✍️ Echoes and Endings: What Readers Are Saying About Comings and Goings
By Alex Diaz-Granados
When I released Comings and Goings – The Art of Being Seen, I didn’t expect fanfare. It’s a quiet story — 51 pages long — about a first-time encounter that isn’t quite romance, isn’t quite nostalgia, but something softer, more interior. I hoped it would resonate. What I didn’t expect was how precisely readers would hear its emotional frequency.
Here are a few reflections that stayed with me:

💬 “A Lovely Tale of Empathy” — Denise Longrie
Denise saw Kelly Moore not as a romantic foil, but as a vessel of empathy. Her review captures the emotional logic of the story:
“She sees, something Jim, invisible up to that point, is grateful for.”
That line alone made me pause. Because invisibility — especially in youth — is a quiet ache. And Kelly’s presence, her refusal to mock or push, is the antidote.

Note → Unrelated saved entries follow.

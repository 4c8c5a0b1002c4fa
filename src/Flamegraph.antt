-- ===== src/Flamegraph.antt =====
-- `CompressedTrie` of source/flamegraph/src/graph.h: the paths of a flame graph, appended one by one.
--
-- The two deques are lists, and a node is its index. The hash map of a node's edges is an association
-- list, since no operation here reads its order. Ids and spans are `uint32_t`; an `int64_t` value is
-- kept by its bit pattern. The loop of `Append` takes fuel: every round but the first consumes an
-- element of the path.
pub mod Spans
pub mod Sums
pub mod Shape
pub mod ShapeSplit
pub mod ShapeGrown
pub mod Splitting
pub mod Descent
pub mod Growth
pub mod Matching
pub mod Appending
pub mod Loop
pub mod Contents
pub mod Log
mod Tests
use mem_hawk.Prelude.{
  ℕ, zero, suc, ◌+◌, ◌-◌, ◌^◌, List, [], ◌∷◌, ◌++◌, Option, none, some, ◌==◌, if◌then◌else◌, u32,
  add64, length, get_or, set, take, drop,
}
use mem_hawk.Prelude.Maps.{find?, insert}

pub record PathSpan : Type 0 where
  pub begin : ℕ
  pub end : ℕ

unfoldable pub span_size : PathSpan → ℕ
span_size s = u32 (s.end + 2 ^ 32 - s.begin)

abbrev pub offset : PathSpan → ℕ → PathSpan
offset s count = record { begin = u32 (s.begin + count); end = s.end }

abbrev pub first : PathSpan → ℕ → PathSpan
first s count = record { begin = s.begin; end = u32 (s.begin + count) }

pub record Node : Type 0 where
  pub path : PathSpan
  pub edges : List (ℕ × ℕ)
  pub total : ℕ
  pub value : ℕ

abbrev pub empty_node : Node
empty_node = record { path = record { begin = 0; end = 0 }; edges = []; total = 0; value = 0 }

pub record CompressedTrie : Type 0 where
  pub nodes : List Node
  pub paths : List ℕ

abbrev pub new_trie : CompressedTrie
new_trie = record { nodes = empty_node ∷ []; paths = [] }

-- `m_nodes[id]`
abbrev pub node_at : CompressedTrie → ℕ → Node
node_at t id = get_or t.nodes id empty_node

-- The elements of a `DequeSpan`.
unfoldable pub span_elements : List ℕ → PathSpan → List ℕ
span_elements paths s = take (span_size s) (drop s.begin paths)

-- The loop of `SplitPath`.
unfoldable pub match_length : List ℕ → List ℕ → ℕ
match_length [] ys = 0
match_length (x ∷ xs) [] = 0
match_length (x ∷ xs) (y ∷ ys) = if x == y then suc (match_length xs ys) else 0

-- The rest of `SplitPath`, where the node's path is not matched whole.
unfoldable pub split_node : ℕ → ℕ → CompressedTrie → CompressedTrie
split_node root matched t =
    let node = node_at t root in
    let key = get_or t.paths (node.path.begin + matched) 0 in
    let leftover_node_id = u32 (length t.nodes) in
    let leftover_node = record node { path = offset node.path matched } in
    let matched_node = record node {
      path = first node.path matched;
      edges = (key, leftover_node_id) ∷ [];
      value = 0;
    } in
    record t { nodes = set t.nodes root matched_node ++ (leftover_node ∷ []) }

unfoldable pub split_path : ℕ → List ℕ → CompressedTrie → CompressedTrie × ℕ
split_path root path t =
    let span = (node_at t root).path in
    let matched = match_length path (span_elements t.paths span) in
    if matched == span_size span then (t, matched) else (split_node root matched t, matched)

unfoldable pub create_path : List ℕ → CompressedTrie → CompressedTrie × PathSpan
create_path path t = (
  record t { paths = t.paths ++ path },
  record { begin = u32 (length t.paths); end = u32 (length t.paths + length path) },
)

-- A node for the rest of the path, and the edge that leads to it.
unfoldable pub create_node : ℕ → ℕ → List ℕ → CompressedTrie → CompressedTrie × ℕ
create_node root key path t =
    let next_node_id = u32 (length t.nodes) in
    let (t', span) = create_path path t in
    let node = node_at t root in
    let parent = record node { edges = insert key next_node_id node.edges } in
    (
      record t' { nodes = set t.nodes root parent ++ (record empty_node { path = span } ∷ []) },
      next_node_id,
    )

unfoldable pub add_total : ℕ → ℕ → CompressedTrie → CompressedTrie
add_total root value t =
    let node = node_at t root in
    record t { nodes = set t.nodes root (record node { total = add64 node.total value }) }

-- The end of a round of `Append`: the child that the round goes on with.
unfoldable pub next_node : ℕ → ℕ → List ℕ → ℕ → CompressedTrie → CompressedTrie × ℕ
next_node root key path value t =
    let t' = add_total root value t in
    elim (find? key (node_at t' root).edges) [
      | some child ↦ (t', child)
      | none ↦ create_node root key path t'
    ]

-- The loop of `Append`: the trie and the node at its end. `none` means that the fuel ran out.
unfoldable pub append_loop : ℕ → ℕ → List ℕ → ℕ → CompressedTrie → Option (CompressedTrie × ℕ)
append_loop zero root path value t = none
append_loop (suc fuel) root [] value t = some (t, root)
append_loop (suc fuel) root (x ∷ xs) value t =
    let (t', matched) = split_path root (x ∷ xs) t in
    elim (drop matched (x ∷ xs)) [
      | [] ↦ some (t', root)
      | key ∷ more ↦
          let (t'', next) = next_node root key (key ∷ more) value t' in
          append_loop fuel next (key ∷ more) value t''
    ]

unfoldable pub append : List ℕ → ℕ → CompressedTrie → Option CompressedTrie
append path value t = elim (append_loop (length path + 2) 0 path value t) [
  | none ↦ none
  | some (t', root) ↦
      let node = node_at t' root in
      some (record t' {
        nodes =
            set t'.nodes root
              (record node { total = add64 node.total value; value = add64 node.value value });
      })
]

unfoldable pub append_all : List (List ℕ × ℕ) → CompressedTrie → Option CompressedTrie
append_all [] t = some t
append_all ((path, value) ∷ lines) t = elim (append path value t) [
  | none ↦ none
  | some t' ↦ append_all lines t'
]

💬 “Young Adults, This Is for You!” — Jan Peregrine
Jan’s review bridges the Garratyverse. She connects Comings and Goings to Reunion: Coda, seeing this short story as a kind of emotional preface.
“Most young people do [attend parties] and fantasize meeting someone like Garraty meets Kelly.”
It’s a lovely reminder that even brief stories can carry the weight of longing — and that Jim’s emotional journey resonates across age and experience.

💬 “A Beautiful Story!” — Anonymous
This one floored me.
“Every line is constructed in a way that reminds the reader of the great writers of the past: Hemingway, Fitzgerald…”
I don’t write with those comparisons in mind, but I do write with the same reverence for emotional truth. To be seen in that lineage — even briefly — is humbling.

💬 “Beautiful First-Time Encounter” — Meg Learner
Meg’s review, from across the Atlantic, is brief but affirming.
“Lyrical writing, very thoughtful and a beautiful encounter.”
That’s the heart of it. Not spectacle. Not drama. Just a moment that lingers.
🕯️ Why These Reviews Matter
They remind me that emotional fluency doesn’t need a long page count. That intimacy, when written with grace, can echo far beyond the final sentence. And that readers — even across continents — can feel the quiet pulse of a story that honors presence over plot.
If you’ve read Comings and Goings, thank you. If you’ve left a review, you’ve given me more than feedback — you’ve given me resonance.
And if you haven’t yet met Jim and Kelly, maybe now’s the time.